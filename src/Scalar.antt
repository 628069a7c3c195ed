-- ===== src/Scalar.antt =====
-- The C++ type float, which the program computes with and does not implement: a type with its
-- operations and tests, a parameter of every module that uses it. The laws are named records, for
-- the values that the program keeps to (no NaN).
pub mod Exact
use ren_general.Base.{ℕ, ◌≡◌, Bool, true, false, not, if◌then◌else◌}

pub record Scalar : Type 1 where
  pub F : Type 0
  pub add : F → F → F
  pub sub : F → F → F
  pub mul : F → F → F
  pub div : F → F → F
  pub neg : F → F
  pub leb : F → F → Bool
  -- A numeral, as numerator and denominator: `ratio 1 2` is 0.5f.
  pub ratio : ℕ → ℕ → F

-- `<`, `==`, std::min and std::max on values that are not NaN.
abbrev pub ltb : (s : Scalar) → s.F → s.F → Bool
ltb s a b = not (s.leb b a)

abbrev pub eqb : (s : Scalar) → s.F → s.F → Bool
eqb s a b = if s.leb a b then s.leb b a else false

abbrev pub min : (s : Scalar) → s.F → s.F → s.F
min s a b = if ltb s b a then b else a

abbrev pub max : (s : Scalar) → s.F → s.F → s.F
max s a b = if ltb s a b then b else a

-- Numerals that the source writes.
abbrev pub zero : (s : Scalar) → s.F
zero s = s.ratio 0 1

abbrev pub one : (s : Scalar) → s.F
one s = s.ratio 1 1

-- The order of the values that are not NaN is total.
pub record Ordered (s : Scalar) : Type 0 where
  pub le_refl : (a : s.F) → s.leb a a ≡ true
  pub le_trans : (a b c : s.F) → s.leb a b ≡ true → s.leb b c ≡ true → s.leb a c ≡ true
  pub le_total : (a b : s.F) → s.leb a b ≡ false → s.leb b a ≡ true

==

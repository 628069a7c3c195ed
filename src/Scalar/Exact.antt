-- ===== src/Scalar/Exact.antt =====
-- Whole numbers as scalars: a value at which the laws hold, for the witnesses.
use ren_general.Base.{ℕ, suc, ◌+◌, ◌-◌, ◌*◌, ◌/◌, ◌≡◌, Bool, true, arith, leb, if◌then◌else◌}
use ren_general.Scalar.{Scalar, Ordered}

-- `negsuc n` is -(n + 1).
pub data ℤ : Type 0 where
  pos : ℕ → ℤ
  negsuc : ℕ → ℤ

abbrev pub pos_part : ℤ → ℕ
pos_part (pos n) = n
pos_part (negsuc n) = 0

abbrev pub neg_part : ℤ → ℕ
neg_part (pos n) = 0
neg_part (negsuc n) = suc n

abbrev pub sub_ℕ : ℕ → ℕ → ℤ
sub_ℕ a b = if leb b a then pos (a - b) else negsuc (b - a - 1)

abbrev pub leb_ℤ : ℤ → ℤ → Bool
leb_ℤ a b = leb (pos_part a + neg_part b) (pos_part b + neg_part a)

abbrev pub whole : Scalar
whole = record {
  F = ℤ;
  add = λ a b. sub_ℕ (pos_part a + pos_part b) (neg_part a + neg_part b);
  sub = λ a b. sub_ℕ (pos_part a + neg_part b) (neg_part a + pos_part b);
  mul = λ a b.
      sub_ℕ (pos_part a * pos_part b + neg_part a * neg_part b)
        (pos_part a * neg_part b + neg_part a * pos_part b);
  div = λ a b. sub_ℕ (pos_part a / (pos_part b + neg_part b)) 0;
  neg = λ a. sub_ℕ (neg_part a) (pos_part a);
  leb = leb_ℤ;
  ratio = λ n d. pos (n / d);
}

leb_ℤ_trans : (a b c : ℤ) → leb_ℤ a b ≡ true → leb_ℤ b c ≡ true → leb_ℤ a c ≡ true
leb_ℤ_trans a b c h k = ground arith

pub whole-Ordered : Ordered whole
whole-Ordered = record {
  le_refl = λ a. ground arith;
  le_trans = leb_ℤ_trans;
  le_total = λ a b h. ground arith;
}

◆ Task to complete ◆
Pull each line containing "Exact" from the records.

◆ Exercise output ◆
pub mod Exact
filename src/Scalar/Exact.antt
-- ===== src/Scalar/Exact.antt =====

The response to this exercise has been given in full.